Lawrence Spiwak, president of the Phoenix Center, said the study was not underwritten by the wireless industry. Spiwak said the Phoenix Center strives to be an objective voice in telecom policy debates, declining to take sides or even to submit comments in FCC proceedings. He said the Phoenix Center does not disclose the names of donors.
Steve Largent, president of cellular association CTIA, said Martin’s plan to increase broadband competition in a virtually duopoly market could come at a high price if you happen to be one of the winning bidders for AWS-1 licenses.
“If permitted to operate as proposed, M2Z’s service will cause costly, service-degrading interference to the adjacent operations of competitors such as T-Mobile, U.S. Cellular Corp., MetroPCS Communications Inc. and Leap Wireless International Inc,” stated Largent in a letter to the FCC. He added: “Those same companies that risked billions of dollars of capital to obtain scarce wireless spectrum resources and are now seeking additional funding to finance their wireless broadband deployments are being told caveat emptor, buyer beware. In other words, they should have known that the FCC was playing a game of ‘bait and switch’ – now you have it, now you don’t.”
In response, M2Z’s Muleta stated: “CTIA, through Mr. Largent’s latest letter, continues to badger the FCC to abandon the public interest and the expansion of communication services to consumers in favor of corporate and industrial welfare for a few of the world’s most profitable monopoly telecommunications carriers. Mr. Largent’s letter to the FCC commissioners does nothing to address or refute
the public-policy issues raised in the AWS-3 proceeding. In reviewing his letter, we were disappointed but not surprised to see that there wasn’t even one mention of the public interest – the standard by which Congress requires the FCC to make its decision as it considers various ways of expanding the availability of communications services to American consumers.”

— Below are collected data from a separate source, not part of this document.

-- ===== src/Agent/Loop/Turn/ToolCalls.antt =====
-- The tool calls of one round.
use ai_platform_mini.Prelude.{
  ℕ, suc, true, Option, none, some, List, [], ◌∷◌, ◌++◌, Text, codes, String, if◌then◌else◌, str_eq,
}
use ai_platform_mini.Agent.Models.{EventKind, Role, ToolCall, ToolResult, AgentMessage}
use ai_platform_mini.Agent.Events.{Run, bare, append_event}
use ai_platform_mini.Agent.Checks.{check_stop}
use ai_platform_mini.Agent.Tools.{Executed, execute_tool, find_cached_tool_result}
use ai_platform_mini.Agent.Loop.Setting.{
  World, Options, effective_deadline, escaped, Flow, go, halt, ◌>>=◌, unless_stopped, stop_for,
  on_cancelled, quota_failed,
}

pub record Calls : Type 0 where
  pub run : Run
  pub results : List ToolResult
  pub reused : Option ToolResult

-- The message and the event of a result; the event's message is the error's code.
abbrev pub tool_message : ToolResult → AgentMessage
tool_message x = record {
  role = Role.tool;
  content = x.content;
  tool_call_id = some x.call_id;
  tool_name = some x.name;
}

abbrev pub error_text : Option String → Option Text
error_text none = none
error_text (some e) = some (codes e)

module _ (w : World) (o : Options) where
  unfoldable pub record_result : ℕ → ToolCall → Calls → ToolResult → Calls
  record_result step call c x =
      let told = record c.run {
        state = record c.run.state { messages = c.run.state.messages ++ tool_message x ∷ [] };
      } in
      record c {
        run =
            append_event w.clock told
              (record (bare
                (if x.succeeded then EventKind.tool_completed else EventKind.tool_failed)) {
                  step_index = some step;
                  tool_call = some call;
                  tool_result = some x;
                  message = error_text x.error;
                });
        results = c.results ++ x ∷ [];
      }

  -- What an execution gives, or the end of the run. An exception of the executor escapes.
  unfoldable pub result_or_end : Run → Executed → Flow ToolResult
  result_or_end r (Executed.result x) = go x
  result_or_end r (Executed.stopped reason) = halt (stop_for w.clock r reason)
  result_or_end r (Executed.cancelled quota) = halt (on_cancelled w.clock r quota)
  result_or_end r Executed.quota_exceeded = halt (quota_failed w.clock r)
  result_or_end r (Executed.escaped e) = halt (escaped e)

  abbrev pub as_cached : ToolCall → ToolResult → ToolResult
  as_cached call x = record x { call_id = call.call_id; cached = true }

  abbrev pub use_cached :
      ToolCall → Calls → Option ToolResult → Flow (Calls × ToolResult) → Flow (Calls × ToolResult)
  use_cached call c (some old) fresh =
      let x = as_cached call old in
      go (record c { reused = if str_eq call.name "calculator" then some x else c.reused }, x)
  use_cached call c none fresh = fresh

  -- The result of one call: the cached one of an earlier step, or that of an execution.
  unfoldable pub call_result : ℕ → ℕ → ToolCall → Calls → Flow (Calls × ToolResult)
  unfolding result_or_end
  call_result step position call c =
      use_cached call c (find_cached_tool_result call c.run.state.steps) (
        result_or_end c.run
          (execute_tool o.tool_output_max_chars call (w.route c.run.state position call))
        >>= λ x. go (c, x))

  abbrev pub tool_started : ℕ → ToolCall → Calls → Calls
  tool_started step call c = record c {
    run =
        append_event w.clock c.run
          (record (bare EventKind.tool_started) { step_index = some step; tool_call = some call });
  }

  unfoldable pub one_call : ℕ → ℕ → ToolCall → Calls → Flow Calls
  unfolding call_result record_result
  one_call step position call c =
      unless_stopped w.clock c.run
        (check_stop (effective_deadline w o) (w.cancel_set step (suc position))
          (w.loop_time step (suc position)))
        (call_result step position call (tool_started step call c) >>= λ (c', x).
          go (record_result step call c' x))

  -- `for tool_call in decision.tool_calls`
  unfoldable pub run_calls : ℕ → ℕ → List ToolCall → Calls → Flow Calls
  unfolding one_call
  run_calls step position [] c = go c
  run_calls step position (call ∷ calls) c =
      one_call step position call c >>= run_calls step (suc position) calls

As for the Phoenix Center study, Muleta said the analysis “did nothing to refute the three independent studies provided to the FCC on the benefit of the social welfare benefits associated with making free broadband available on a nationwide basis estimating that consumers would directly benefit between $18 billion to $32 billon as a result of the conditions that the FCC is proposing to place on the AWS-3 band. In fact, we note that the Phoenix study’s author specifically caveats that he did not consider the social welfare benefits of such conditions or the fact that the unpaired nature of the AWS-3 band has a significant impact on its market value.”
Congress is carefully monitoring the AWS-3 battle at the FCC. Reps. Anna Eshoo (D-Calif.), Christopher Cannon (R-Utah) and Edward Markey (D-Mass.), the latter being the chairman of the House telecom subcommittee, have sponsored legislation to foster deployment of a national, family-friendly wireless broadband network with open access using AWS-3 frequencies.